Video scraping is just one of many new tricks possible when the latest major language models (LLMs), such as Google's Gemini and GPT-4o, are actually 'multimodal' models, allowing audio, video, image and text input to make. These models translate all multimedia input into tokens (chunks of data), which they use to make predictions about which tokens should be next in a sequence.
A term like “token forecast model” (TPM) may be more accurate than “LLM” these days for AI models with multimodal inputs and outputs, but a common alternative term hasn't really taken off yet. But whatever you call it, having an AI model that can process video input has interesting implications, both good and potentially bad.
Breaking input barriers
Willison is far from the first person to input video into AI models to achieve interesting results (more on that below, and here's a 2015 paper using the term “video scraping”), but once Gemini launched its video input capability , started experimenting with it seriously.
In February, Willison demonstrated another early use of AI video scraping on his blog, where he created a seven-second video of the books on his bookshelves and then had Gemini 1.5 Pro extract all the book titles he saw in the video and include them in the video put. in a structured or organized list.

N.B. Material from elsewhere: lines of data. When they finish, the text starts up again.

-- ===== src/Executor/Node.antt =====
-- The node as a whole: requests to the server, commands of the shell, executions and commits, in
-- any order, over the state, the blocks that wait, the store and the pool that
-- executor/executor.rs, app/server.rs and app/shell.rs share.
pub mod Keeps
pub mod Sound
pub mod Number
pub mod Single
pub mod Lifecycle
use gravity_kvstore.Prelude.{
  ℕ, ◌+◌, ◌<◌, ◌≡◌, refl, sym, subst, ◌∙◌, ◌⊎◌, inl, inr, Text, Bytes, bytes_eq, nat_eq, Option,
  none, some, List, [], ◌∷◌, Outcome, ok, err, panic, continue, continue-keeps, All, u64_mod, arith,
  length, ◌==◌, if◌then◌else◌, Option-cases, Outcome-cases, eq_or_ne,
}
use gravity_kvstore.Dict
use gravity_kvstore.Dict.Entries.{All-lookup, All-insert, All-remove}
use gravity_kvstore.Types.{
  Block, StateRoot, Transaction, TransactionReceipt, TransactionWithAccount,
}
use gravity_kvstore.Types.Deps.{Deps, KeccakLaws, BincodeLaws}
use gravity_kvstore.Types.Convert.{account, sequence_number}
use gravity_kvstore.State.{State, get_state_root}
use gravity_kvstore.Storage.{Storage, StorageError, IsStorage, HasHash}
use gravity_kvstore.Crypto.{KeyPair}
use gravity_kvstore.Server.{Context, add_txn}
use gravity_kvstore.Shell.{Shell, handle_command}
use gravity_kvstore.Shell.Keeps.{HasNonces}
use gravity_kvstore.Mempool.{Pool, add_raw_txn, remove_txn}
use gravity_kvstore.Mempool.WellFormed.{
  IsWellFormed, add_raw_txn-IsWellFormed, remove_txn-IsWellFormed,
}
use gravity_kvstore.Executor.{ExecuteError}
use gravity_kvstore.Executor.Block.{
  ExternalBlock, Pending, PendingBlock, execute_block, seal_block, execute_txns, block_txns,
}
use gravity_kvstore.Executor.Tasks.{CommitTask, remove_txns, persist_pending, persist_block}
use gravity_kvstore.Executor.Commit.{stored, get_block-stored, get_state_root-stored}
use gravity_kvstore.Executor.Seal.{execute_block-seals}
use gravity_kvstore.Executor.Receipts.{execute_txns-HasHash}

pub record Node (S : Type 0) : Type 0 where
  pub state : State
  pub pending : Pending
  pub store : S
  pub pool : Pool

-- What the server and the shell have of the node.
abbrev pub context_of : {S : Type 0} → Node S → Context S
context_of n = record { state = n.state; store = n.store; mempool = n.pool }

abbrev pub put_back : {S : Type 0} → Context S → Node S → Node S
put_back c n = record n { state = c.state; store = c.store; pool = c.mempool }

-- A block that waits under a number is the block of that number, its header has the root that is
-- to be stored, and its receipts can be stored.
abbrev pub IsKept : ℕ × PendingBlock → Type 0
IsKept (n, e) =
    (e.block.header.number ≡ n)
    × (n < u64_mod)
    × (e.root.bytes ≡ e.block.header.state_root)
    × All HasHash e.receipts

-- What is stored under a number: nothing, or the block of that number and the root in its header.
abbrev pub Agrees :
    ℕ → Outcome StorageError (Option Block) → Outcome StorageError (Option StateRoot) → Type 0
Agrees n (ok none) (ok none) = Unit
Agrees n (ok (some b)) (ok (some r)) = (b.header.number ≡ n) × (r.bytes ≡ b.header.state_root)
Agrees n _ _ = ⊥

module _ (d : Deps) {S : Type 0} (storage : Storage S) where
  -- A transaction that is sent to the server.
  abbrev pub requested : Transaction → Node S → Node S
  requested t n = put_back (add_txn d t (context_of n)).1 n

  -- A command of the shell, whoever its user is.
  abbrev pub commanded : Option (KeyPair d) → List Text → Node S → Node S
  commanded keypair args n =
      let shell : Shell d S = record { context = context_of n; keypair = keypair } in
      put_back (handle_command d storage args shell).1.context n

  abbrev pub executed : ExternalBlock d → Node S → Node S
  executed b n =
      let (_, state, pending) = execute_block d b n.state n.pending in
      record n { state = state; pending = pending }

  abbrev pub committed : ℕ → ℕ → Node S → Node S
  committed start k n =
      let task : CommitTask S = record {
        start_num = start;
        pending = n.pending;
        store = n.store;
        pool = n.pool;
      } in
      let (_, task') = persist_block d storage k task in
      record n { pending = task'.pending; store = task'.store; pool = task'.pool }

  -- One of the four, whether it goes through or panics.
  pub data Step : Node S → Node S → Type 0 where
    request :
        (n : Node S) (t : Transaction) → t.unsigned.nonce + 1 < u64_mod → Step n (requested t n)
    command :
        (n : Node S) (keypair : Option (KeyPair d)) (args : List Text)
        → HasNonces n.state
        → Step n (commanded keypair args n)
    execute : (n : Node S) (b : ExternalBlock d) → b.block_number < u64_mod → Step n (executed b n)
    commit : (n : Node S) (start k : ℕ) → Step n (committed start k n)

  pub data Run (first : Node S) : Node S → Type 0 where
    begin : Run first first
    after : {n m : Node S} → Run first n → Step n m → Run first m

  -- The node at a number `m` of the store.
  abbrev pub IsSound : ℕ → Node S → Type 0
  IsSound m n =
      IsWellFormed n.pool
      × All IsKept n.pending
      × Agrees m (storage.get_block m n.store) (storage.get_state_root m n.store)
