-- ===== src/Executor/Node/Keeps.antt =====
-- What executions and removals keep of the node of executor/executor.rs.
use gravity_kvstore.Prelude.{
  ◌<◌, ◌≡◌, refl, sym, subst, inl, inr, Bytes, bytes_eq, nat_eq, List, [], ◌∷◌, Outcome, ok, err,
  panic, continue-keeps, All, u64_mod, Outcome-cases,
}
use gravity_kvstore.Dict.Entries.{All-insert}
use gravity_kvstore.Types.{TransactionReceipt, TransactionWithAccount}
use gravity_kvstore.Types.Deps.{Deps, KeccakLaws, BincodeLaws}
use gravity_kvstore.Types.Convert.{account, sequence_number}
use gravity_kvstore.State.{State, get_state_root}
use gravity_kvstore.Mempool.{Pool, remove_txn}
use gravity_kvstore.Mempool.WellFormed.{IsWellFormed, remove_txn-IsWellFormed}
use gravity_kvstore.Executor.{ExecuteError}
use gravity_kvstore.Executor.Block.{
  ExternalBlock, Pending, execute_block, seal_block, execute_txns, block_txns,
}
use gravity_kvstore.Executor.Tasks.{remove_txns}
use gravity_kvstore.Executor.Receipts.{execute_txns-HasHash}
use gravity_kvstore.Executor.Node.{IsKept}

module _ (d : Deps) where
  pub remove_txns-IsWellFormed :
      (txs : List TransactionWithAccount) (pool : Pool)
      → IsWellFormed pool
      → IsWellFormed (remove_txns d txs pool).1
  unfolding remove_txns
  remove_txns-IsWellFormed [] pool h = h
  remove_txns-IsWellFormed (t ∷ txs) pool h =
      continue-keeps IsWellFormed (account d t, pool) _ h
        λ sender p w.
          remove_txns-IsWellFormed txs (remove_txn sender (sequence_number t) p)
            (remove_txn-IsWellFormed sender (sequence_number t) p w)

module _ (d : Deps) (sha : KeccakLaws d) (bincode : BincodeLaws d) where
  seal_block-keeps :
      (b : ExternalBlock d) (txs : List TransactionWithAccount) (parent : Bytes) (s : State)
      (run : Outcome ExecuteError (List TransactionReceipt) × State) (p : Pending)
      → b.block_number < u64_mod
      → execute_txns d txs s ≡ run
      → All IsKept p
      → All IsKept (seal_block d b txs parent run p).2
  unfolding seal_block
  seal_block-keeps b txs parent s (ok receipts, s') p fits e h =
      All-insert IsKept b.block_number _ p h
        (refl, fits, refl, execute_txns-HasHash d sha bincode txs s s' e)
  seal_block-keeps b txs parent s (err e', s') p fits e h = h
  seal_block-keeps b txs parent s (panic, s') p fits e h = h

  pub execute_block-keeps :
      (b : ExternalBlock d) (s : State) (p : Pending)
      → b.block_number < u64_mod
      → All IsKept p
      → All IsKept (execute_block d b s p).2
  unfolding execute_block
  execute_block-keeps b s p fits h = elim (Outcome-cases (block_txns d {E = ExecuteError} b.txns)) [
    | inl (txs, e) ↦
        let run = execute_txns d txs s in
        let root = (get_state_root s).bytes in
        let same : execute_block d b s p ≡ seal_block d b txs root run p =
          rw (e, execute_block) refl in
        subst (λ q. All IsKept q.2) (sym same) (seal_block-keeps b txs root s run p fits refl h)
    | inr (inl (e', e)) ↦
        let same : execute_block d b s p ≡ (err e', s, p) = rw (e, execute_block) refl in
        subst (λ q. All IsKept q.2) (sym same) h
    | inr (inr e) ↦
        let same : execute_block d b s p ≡ (panic, s, p) = rw (e, execute_block) refl in
        subst (λ q. All IsKept q.2) (sym same) h
  ]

Converting unstructured data to structured data is important to Willison, because he is also a data journalist. Willison has created tools for data journalists in the past, such as the Datasette project, which allows anyone to publish data as an interactive website.
To the frustration of any data journalist, some data sources prove resistant to scraping (the capturing of data for analysis) because of the way the data is formatted, stored or presented. In these cases, Willison is pleased with the capabilities of AI video scraping as it bypasses these traditional barriers to data extraction.